¼ cup olive oil
2 medium Italian or globe eggplants
2 red peppers
4 medium zucchini
2 pounds Roma tomatoes, (or one 14oz can diced tomatoes)
3 cloves garlic, crushed
2T fresh thyme
Salt & pepper
2T fresh basil, chiffonade
1. Cut the onions, eggplants, peppers, and zucchini into a medium dice. Set aside.
2. In a large sauté pan over medium heat, warm the olive oil. Add the onions and cook 10-15 minutes until soft and transparent. Add the garlic and cook 5 minutes, stirring often so that the garlic doesn’t burn.
3. Add the eggplant, toss with the onions, and cook 10 minutes.

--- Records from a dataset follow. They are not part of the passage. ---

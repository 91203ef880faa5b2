-- ===== src/Mem/Gpa/Map.antt =====
-- `map_gpa`: its outcomes, when it succeeds, and what it leaves behind.
use masters_proj.Prelude.{
  ℕ, ◌+◌, ◌*◌, ◌/◌, ◌^◌, ◌<◌, ◌≡◌, refl, ◌⊎◌, inl, inr, ◌↔◌, true, false, List, ◌∷◌, arith, ltb,
  false≢true, All, u64, Bool-cases, sym, ◌∙◌,
}
use masters_proj.Prelude.Bits.{page_mask}
use masters_proj.Mem.State.{
  Region, HostCall, mallocs, maps, unmaps, Mem, Host, Status, success, failure, logged,
}
use masters_proj.Mem.Gpa.{size_of, reached, has_next, link_region, install_region, map_gpa}
use masters_proj.Mem.Gpa.Layout.{
  IsRegion, Layout, Apart, IsValid, insert, insert-Layout, insert-Separate,
}
use masters_proj.Mem.Gpa.Lookup.{Backs, Maps, insert-Maps, Maps-insert_new, Maps-insert_old}
use masters_proj.Mem.Gpa.Free.{IsFree, has_next-IsFree, IsFree-has_next}

-- The region that `map_gpa` makes of its arguments: its address is cut down to a page.
abbrev pub new_region : (gpa npages hva : ℕ) → Region
new_region gpa npages hva = record { gpa = gpa / 4096 * 4096; npages = npages; hva = hva }

-- The log after the calls that `map_gpa` makes.
abbrev pub after_map : Region → Mem → Mem
after_map r m = logged (maps r.hva r.gpa (size_of r.npages)) m

abbrev pub after_malloc : Region → Mem → Mem
after_malloc r m = logged mallocs (after_map r m)

-- How `map_gpa` ends: it rejects the request, the hypervisor refuses it, there is no room for a
-- node and the mapping is undone, or the region is linked.
pub data Mapping (host : Host) (r : Region) (m : Mem) : Status × Mem → Type 0 where
  rejected : (0 < r.npages → IsFree r.gpa r.npages m.regions → ⊥) → Mapping host r m (failure, m)
  refused :
      host.hv_vm_map m r.hva r.gpa (size_of r.npages) ≡ false
      → Mapping host r m (failure, after_map r m)
  undone :
      host.hv_vm_map m r.hva r.gpa (size_of r.npages) ≡ true
      → host.malloc (after_map r m) ≡ false
      → Mapping host r m (failure, logged (unmaps r.gpa (size_of r.npages)) (after_malloc r m))
  linked :
      0 < r.npages
      → IsFree r.gpa r.npages m.regions
      → host.hv_vm_map m r.hva r.gpa (size_of r.npages) ≡ true
      → host.malloc (after_map r m) ≡ true
      → Mapping host r m (success, record (after_malloc r m) { regions = insert r m.regions })

install_region-Mapping :
    (host : Host) (r : Region) (m : Mem)
    → 0 < r.npages
    → IsFree r.gpa r.npages m.regions
    → Mapping host r m (install_region host r m)
unfolding install_region link_region
install_region-Mapping host r m p f =
    elim (Bool-cases (host.hv_vm_map m r.hva r.gpa (size_of r.npages))) [
      | inl ok ↦ elim (Bool-cases (host.malloc (after_map r m))) [
        | inl room ↦ rw (ok, room) (linked p f ok room)
        | inr full ↦ rw (ok, full) (undone ok full)
      ]
      | inr no_map ↦ rw no_map (refused no_map)
    ]

module _ (host : Host) (gpa npages hva : ℕ) (m : Mem) where
  -- `map_gpa` ends in one of these ways, for any arguments that stay below the end of the address
  -- space.
  pub map_gpa-Mapping :
      Layout 0 m.regions
      → gpa < 2 ^ 64
      → gpa / 4096 * 4096 + npages * 4096 < 2 ^ 64
      → Mapping host (new_region gpa npages hva) m (map_gpa host gpa npages hva m)
  unfolding map_gpa
  map_gpa-Mapping l g b = elim (Bool-cases (ltb npages 1)) [
    | inl zero_pages ↦ rw zero_pages (rejected λ p f. ground arith)
    | inr some_pages ↦
        let p : 0 < npages = ground arith in
        let base = gpa / 4096 * 4096 in
        let wraps : u64 (base + size_of npages) ≡ base + npages * 4096 = omega arith in
        rw (some_pages, page_mask gpa g, wraps)
          (elim (Bool-cases (has_next (base + npages * 4096) (reached base m.regions))) [
            | inl fits ↦ rw fits (
                install_region-Mapping host _ m p
                  (has_next-IsFree 0 base npages m.regions p l fits))
            | inr overlaps ↦ rw overlaps (
                rejected
                  λ p f. false≢true (sym overlaps ∙ IsFree-has_next 0 base npages m.regions p l f))
          ])
  ]

-- The facts about a call of `map_gpa` whose arguments make a region that the host backs by memory
-- of its own.
pub record Request (r : Region) (m : Mem) : Type 0 where
  pub region : 0 < r.npages → IsRegion r
  pub apart : All (Apart r) m.regions

Mapping-IsValid :
    {host : Host} {r : Region} {m : Mem} {res : Status × Mem}
    → Mapping host r m res
    → Request r m
    → IsValid m.regions
    → IsValid res.1.regions
Mapping-IsValid (rejected _) q v = v
Mapping-IsValid (refused _) q v = v
Mapping-IsValid (undone _ _) q v = v
Mapping-IsValid {r} {m} (linked p f _ _) q v = record {
  layout =
      insert-Layout 0 r m.regions (omega arith) (q.region p) v.layout
        (IsFree-has_next 0 r.gpa r.npages m.regions p v.layout f);
  separate = insert-Separate r m.regions q.apart v.separate;
}

-- What a mapping leaves alone whatever its outcome, and what it makes of the regions.
abbrev pub Extends : Region → Mem → Mem → Type 0
Extends r m m' =
    ((a h : ℕ) → Maps m'.regions a h ↔ (Backs r a h ⊎ Maps m.regions a h))
    × (m'.bytes ≡ m.bytes)
    × (m'.pml4 ≡ m.pml4)
    × (m'.pml4_gpa ≡ m.pml4_gpa)

abbrev pub SameMemory : Mem → Mem → Type 0
SameMemory m m' =
    (m'.regions ≡ m.regions)
    × (m'.bytes ≡ m.bytes)
    × (m'.pml4 ≡ m.pml4)
    × (m'.pml4_gpa ≡ m.pml4_gpa)

-- The calls of a failed request: none, a refused one, or one that is taken back.
abbrev pub Withdrawn : Host → Region → Mem → List HostCall → Type 0
Withdrawn host r m log =
    (log ≡ m.log)
    ⊎ ((host.hv_vm_map m r.hva r.gpa (size_of r.npages) ≡ false) × (log ≡ (after_map r m).log))
    ⊎ (log ≡ unmaps r.gpa (size_of r.npages) ∷ (after_malloc r m).log)

Mapping-linked :
    {host : Host} {r : Region} {m : Mem} {res : Status × Mem}
    → Mapping host r m res
    → res.0 ≡ success
    → Extends r m res.1
Mapping-linked (rejected _) e = cc
Mapping-linked (refused _) e = cc
Mapping-linked (undone _ _) e = cc
Mapping-linked {r} {m} (linked p f _ _) e = (
  λ a h. (
    insert-Maps r m.regions,
    elim [ inl b ↦ Maps-insert_new r m.regions b | inr o ↦ Maps-insert_old r m.regions o ],
  ),
  refl,
  refl,
  refl,
)

Mapping-regions :
    {host : Host} {r : Region} {m : Mem} {res : Status × Mem}
    → Mapping host r m res
    → res.0 ≡ success
    → res.1.regions ≡ insert r m.regions
Mapping-regions (rejected _) e = cc
Mapping-regions (refused _) e = cc
Mapping-regions (undone _ _) e = cc
Mapping-regions (linked _ _ _ _) e = refl

Mapping-failed :
    {host : Host} {r : Region} {m : Mem} {res : Status × Mem}
    → Mapping host r m res
    → res.0 ≡ failure
    → SameMemory m res.1 × Withdrawn host r m res.1.log
Mapping-failed (rejected _) e = ((refl, refl, refl, refl), inl refl)
Mapping-failed (refused x) e = ((refl, refl, refl, refl), inr (inl (x, refl)))
Mapping-failed (undone _ _) e = ((refl, refl, refl, refl), inr (inr refl))
Mapping-failed (linked _ _ _ _) e = cc

-- The conditions under which a request succeeds.
abbrev pub Granted : Host → Region → Mem → Type 0
Granted host r m =
    (0 < r.npages)
    × IsFree r.gpa r.npages m.regions
    × (host.hv_vm_map m r.hva r.gpa (size_of r.npages) ≡ true)
    × (host.malloc (after_map r m) ≡ true)

Mapping-iff :
    {host : Host} {r : Region} {m : Mem} {res : Status × Mem}
    → Mapping host r m res
    → (res.0 ≡ success) ↔ Granted host r m
Mapping-iff (rejected no_way) = (λ e. cc, λ g. absurd (no_way g.0 g.1))
Mapping-iff (refused x) = (λ e. cc, λ g. cc)
Mapping-iff (undone x y) = (λ e. cc, λ g. cc)
Mapping-iff (linked p f x y) = (λ _. (p, f, x, y), λ _. refl)

module _ (host : Host) (gpa npages hva : ℕ) (m : Mem) where
  -- Well-formed regions stay well formed under `map_gpa`, whether it succeeds or fails, for a
  -- request of host memory that backs no other region, where the pages end below 2 ^ 64.
  pub map_gpa-IsValid :
      IsValid m.regions
      → gpa < 2 ^ 64
      → gpa / 4096 * 4096 + npages * 4096 < 2 ^ 64
      → 0 < hva
      → All (Apart (new_region gpa npages hva)) m.regions
      → IsValid (map_gpa host gpa npages hva m).1.regions
  map_gpa-IsValid v g b h apart =
      Mapping-IsValid (map_gpa-Mapping host gpa npages hva m v.layout g b)
        (record {
          region = λ p. record { nonempty = p; aligned = omega arith; bounded = b; mapped = h };
          apart = apart;
        })
        v

  -- In a well-formed list, and for pages that end below 2 ^ 64, `map_gpa` returns 0 exactly if at
  -- least one page is asked for, the pages meet no region, the hypervisor maps them, and there is
  -- room for a node.
  pub map_gpa_iff :
      Layout 0 m.regions
      → gpa < 2 ^ 64
      → gpa / 4096 * 4096 + npages * 4096 < 2 ^ 64
      → ((map_gpa host gpa npages hva m).0 ≡ success) ↔ Granted host (new_region gpa npages hva) m
  map_gpa_iff l g b = Mapping-iff (map_gpa-Mapping host gpa npages hva m l g b)

  -- In a well-formed list, and for pages that end below 2 ^ 64: on success exactly the new pages
  -- are mapped besides the old ones. On failure the memory is as before, and the hypervisor was
  -- not asked, has refused, or was asked to unmap the pages again.
  pub map_gpa-effect :
      Layout 0 m.regions
      → gpa < 2 ^ 64
      → gpa / 4096 * 4096 + npages * 4096 < 2 ^ 64
      → let r = new_region gpa npages hva in
        let res = map_gpa host gpa npages hva m in
        (res.0 ≡ success → Extends r m res.1)
        × (res.0 ≡ failure → SameMemory m res.1 × Withdrawn host r m res.1.log)
  map_gpa-effect l g b =
      let how = map_gpa-Mapping host gpa npages hva m l g b in
      (Mapping-linked how, Mapping-failed how)

  pub map_gpa-regions :
      Layout 0 m.regions
      → gpa < 2 ^ 64
      → gpa / 4096 * 4096 + npages * 4096 < 2 ^ 64
      → (map_gpa host gpa npages hva m).0 ≡ success
      → (map_gpa host gpa npages hva m).1.regions ≡ insert (new_region gpa npages hva) m.regions
  map_gpa-regions l g b = Mapping-regions (map_gpa-Mapping host gpa npages hva m l g b)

4. Add the peppers and zucchini and toss with the onion/eggplant. Cook 10 - 15 minutes.
5. Add the tomatoes and thyme. Cook 10-15 minutes more until all the vegetables are soft and the tomatoes have released their juices.
6. Season with salt and pepper.
7. Transfer to serving bowl and top with basil. Serve warm or cold.
TIPS & TRICKS
• Use your largest sauté pan or even a soup pot to sauté the veggies. I like to use my 6qt sauté pan it is big enough that all the vegetable fit in it nicely.
• By adding the vegetables in stages, they have a chance to cook and soften but do not become a mushy mess. They are colorful and full of flavor.
• I use 2 wooden spoons to “toss “the vegetable (like you would a salad) Toss them frequently until they are well mixed and slightly soften.
• Ratatouille freezes beautifully.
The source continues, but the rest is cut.